======== Entries shown

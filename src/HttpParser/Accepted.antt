-- ===== src/HttpParser/Accepted.antt =====
-- What a request that the parser of src/http_parser.c accepts is like.
use emme.Prelude.{
  ◌≤◌, ◌≡◌, Bool, true, false, not, if◌then◌else◌, ltb, leb, ◌||◌, none, some, List, [], ◌∷◌, Bytes,
  codes, has_prefix, length, length-append, arith, leb-false, Always, result, no_result,
  Always-intro, Always-elim, Always-bind, Always-unless,
}
use emme.Config.Numbers.{is_end, skip_spaces}
use emme.HttpParser.{
  HttpHeader, HttpRequest, lines_from, split_at, all_upper, parse_request_line, parse_headers_from,
  request_of, parse_http_request, max_headers, max_request_line,
}
use emme.HttpParser.Lines.{Without, split_at_sound}

-- A method of capitals, a path without a space, a version that starts with HTTP/, no more headers than the
-- array holds
pub record Accepted (r : HttpRequest) : Type 0 where
  pub method : (is_end r.method ≡ false) × (all_upper r.method ≡ true)
  pub path : Without b' ' r.path
  pub version : has_prefix r.version (codes "HTTP/") ≡ true
  pub headers : length r.headers ≤ 20

abbrev Line : Bytes × Bytes × Bytes → Type 0
Line (method, path, version) =
    (is_end method ≡ false)
    × (all_upper method ≡ true)
    × Without b' ' path
    × (has_prefix version (codes "HTTP/") ≡ true)

abbrev is_bad : Bytes → Bytes → Bool
is_bad method version =
    is_end method || not (all_upper method) || not (has_prefix version (codes "HTTP/"))

checked-Line :
    (method path version : Bytes)
    → Without b' ' path
    → Always Line (if is_bad method version then none else some (method, path, version))
checked-Line method path version w =
    Always-unless (is_bad method version) _
      (λ good. result (method, path, version) (good_line good))
  where
    good_line : is_bad method version ≡ false → Line (method, path, version)
    good_line good = (ground arith, ground arith, w, ground arith)

parse_request_line-Line : (line : Bytes) → Always Line (parse_request_line line)
unfolding parse_request_line
parse_request_line-Line line = Always-unless (ltb max_request_line (length line)) _ (λ e.
    Always-bind _ _ (Always-intro {P = λ p. Unit {0}} (split_at b' ' line) (λ p q. tt))
      (λ (method, rest) t.
        Always-bind _ _
          (Always-intro {P = λ p. Without b' ' p.0} (split_at b' ' rest)
            (λ (a, b) q. (split_at_sound b' ' rest a b q).1))
          (λ (path, version) w. checked-Line method path version w)))

parse_headers_from-bound :
    (ls : List Bytes) (before : List HttpHeader)
    → length before ≤ 20
    → Always (λ hs. length hs ≤ 20) (parse_headers_from ls before)
unfolding parse_headers_from
parse_headers_from-bound [] before h = result before h
parse_headers_from-bound ([] ∷ ls) before h = result before h
parse_headers_from-bound ((c ∷ l) ∷ ls) before h =
    Always-bind _ _ (Always-intro {P = λ p. Unit {0}} (split_at b':' (c ∷ l)) (λ p q. tt))
      (λ (field, rest) t. Always-unless (leb max_headers (length before)) _ (λ room.
        parse_headers_from-bound ls _ (
          omega (
            arith,
            leb-false max_headers (length before) room,
            length-append before (record { field = field; value = skip_spaces rest } ∷ []),
          ))))

request_of-Accepted : (id : Bytes) (ls : List Bytes) → Always Accepted (request_of id ls)
unfolding request_of
request_of-Accepted id [] = no_result
request_of-Accepted id (line ∷ ls) =
    Always-bind _ _ (parse_request_line-Line line) (λ (method, path, version) l.
      Always-bind _ _ (parse_headers_from-bound ls [] (omega arith))
        (λ hs b. result _ (record { method = (l.0, l.1); path = l.2; version = l.3; headers = b })))

-- Whatever bytes it is given, a request that `parse_http_request` accepts has a method of one capital at
-- least and nothing else, a path without a space, a version that starts with HTTP/, and at most 20 headers.
pub parse_http_request-Accepted :
    (id buffer : Bytes) (r : HttpRequest) → parse_http_request id buffer ≡ some r → Accepted r
unfolding parse_http_request
parse_http_request-Accepted id buffer r h =
    Always-elim _ r (request_of-Accepted id (lines_from false buffer)) h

================

The problem
Every record, from top to bottom, must be transcribed exactly.

Solution
filename src/HttpParser/Accepted.antt
-- ===== src/HttpParser/Accepted.antt =====
-- What a request that the parser of src/http_parser.c accepts is like.
use emme.Prelude.{
  ◌≤◌, ◌≡◌, Bool, true, false, not, if◌then◌else◌, ltb, leb, ◌||◌, none, some, List, [], ◌∷◌, Bytes,
  codes, has_prefix, length, length-append, arith, leb-false, Always, result, no_result,
  Always-intro, Always-elim, Always-bind, Always-unless,
}
use emme.Config.Numbers.{is_end, skip_spaces}
use emme.HttpParser.{
  HttpHeader, HttpRequest, lines_from, split_at, all_upper, parse_request_line, parse_headers_from,
  request_of, parse_http_request, max_headers, max_request_line,
}
use emme.HttpParser.Lines.{Without, split_at_sound}

-- A method of capitals, a path without a space, a version that starts with HTTP/, no more headers than the
-- array holds
pub record Accepted (r : HttpRequest) : Type 0 where
  pub method : (is_end r.method ≡ false) × (all_upper r.method ≡ true)
  pub path : Without b' ' r.path
  pub version : has_prefix r.version (codes "HTTP/") ≡ true
  pub headers : length r.headers ≤ 20

abbrev Line : Bytes × Bytes × Bytes → Type 0
Line (method, path, version) =
    (is_end method ≡ false)
    × (all_upper method ≡ true)
    × Without b' ' path
    × (has_prefix version (codes "HTTP/") ≡ true)

abbrev is_bad : Bytes → Bytes → Bool
is_bad method version =
    is_end method || not (all_upper method) || not (has_prefix version (codes "HTTP/"))

checked-Line :
    (method path version : Bytes)
    → Without b' ' path
    → Always Line (if is_bad method version then none else some (method, path, version))
checked-Line method path version w =
    Always-unless (is_bad method version) _
      (λ good. result (method, path, version) (good_line good))
  where
    good_line : is_bad method version ≡ false → Line (method, path, version)
    good_line good = (ground arith, ground arith, w, ground arith)

parse_request_line-Line : (line : Bytes) → Always Line (parse_request_line line)
unfolding parse_request_line
parse_request_line-Line line = Always-unless (ltb max_request_line (length line)) _ (λ e.
    Always-bind _ _ (Always-intro {P = λ p. Unit {0}} (split_at b' ' line) (λ p q. tt))
      (λ (method, rest) t.
        Always-bind _ _
          (Always-intro {P = λ p. Without b' ' p.0} (split_at b' ' rest)
            (λ (a, b) q. (split_at_sound b' ' rest a b q).1))
          (λ (path, version) w. checked-Line method path version w)))

parse_headers_from-bound :
    (ls : List Bytes) (before : List HttpHeader)
    → length before ≤ 20
    → Always (λ hs. length hs ≤ 20) (parse_headers_from ls before)
unfolding parse_headers_from
parse_headers_from-bound [] before h = result before h
parse_headers_from-bound ([] ∷ ls) before h = result before h
parse_headers_from-bound ((c ∷ l) ∷ ls) before h =
    Always-bind _ _ (Always-intro {P = λ p. Unit {0}} (split_at b':' (c ∷ l)) (λ p q. tt))
      (λ (field, rest) t. Always-unless (leb max_headers (length before)) _ (λ room.
        parse_headers_from-bound ls _ (
          omega (
            arith,
            leb-false max_headers (length before) room,
            length-append before (record { field = field; value = skip_spaces rest } ∷ []),
          ))))

request_of-Accepted : (id : Bytes) (ls : List Bytes) → Always Accepted (request_of id ls)
unfolding request_of
request_of-Accepted id [] = no_result
request_of-Accepted id (line ∷ ls) =
    Always-bind _ _ (parse_request_line-Line line) (λ (method, path, version) l.
      Always-bind _ _ (parse_headers_from-bound ls [] (omega arith))
        (λ hs b. result _ (record { method = (l.0, l.1); path = l.2; version = l.3; headers = b })))

-- Whatever bytes it is given, a request that `parse_http_request` accepts has a method of one capital at
-- least and nothing else, a path without a space, a version that starts with HTTP/, and at most 20 headers.
pub parse_http_request-Accepted :
    (id buffer : Bytes) (r : HttpRequest) → parse_http_request id buffer ≡ some r → Accepted r
unfolding parse_http_request
parse_http_request-Accepted id buffer r h =
    Always-elim _ r (request_of-Accepted id (lines_from false buffer)) h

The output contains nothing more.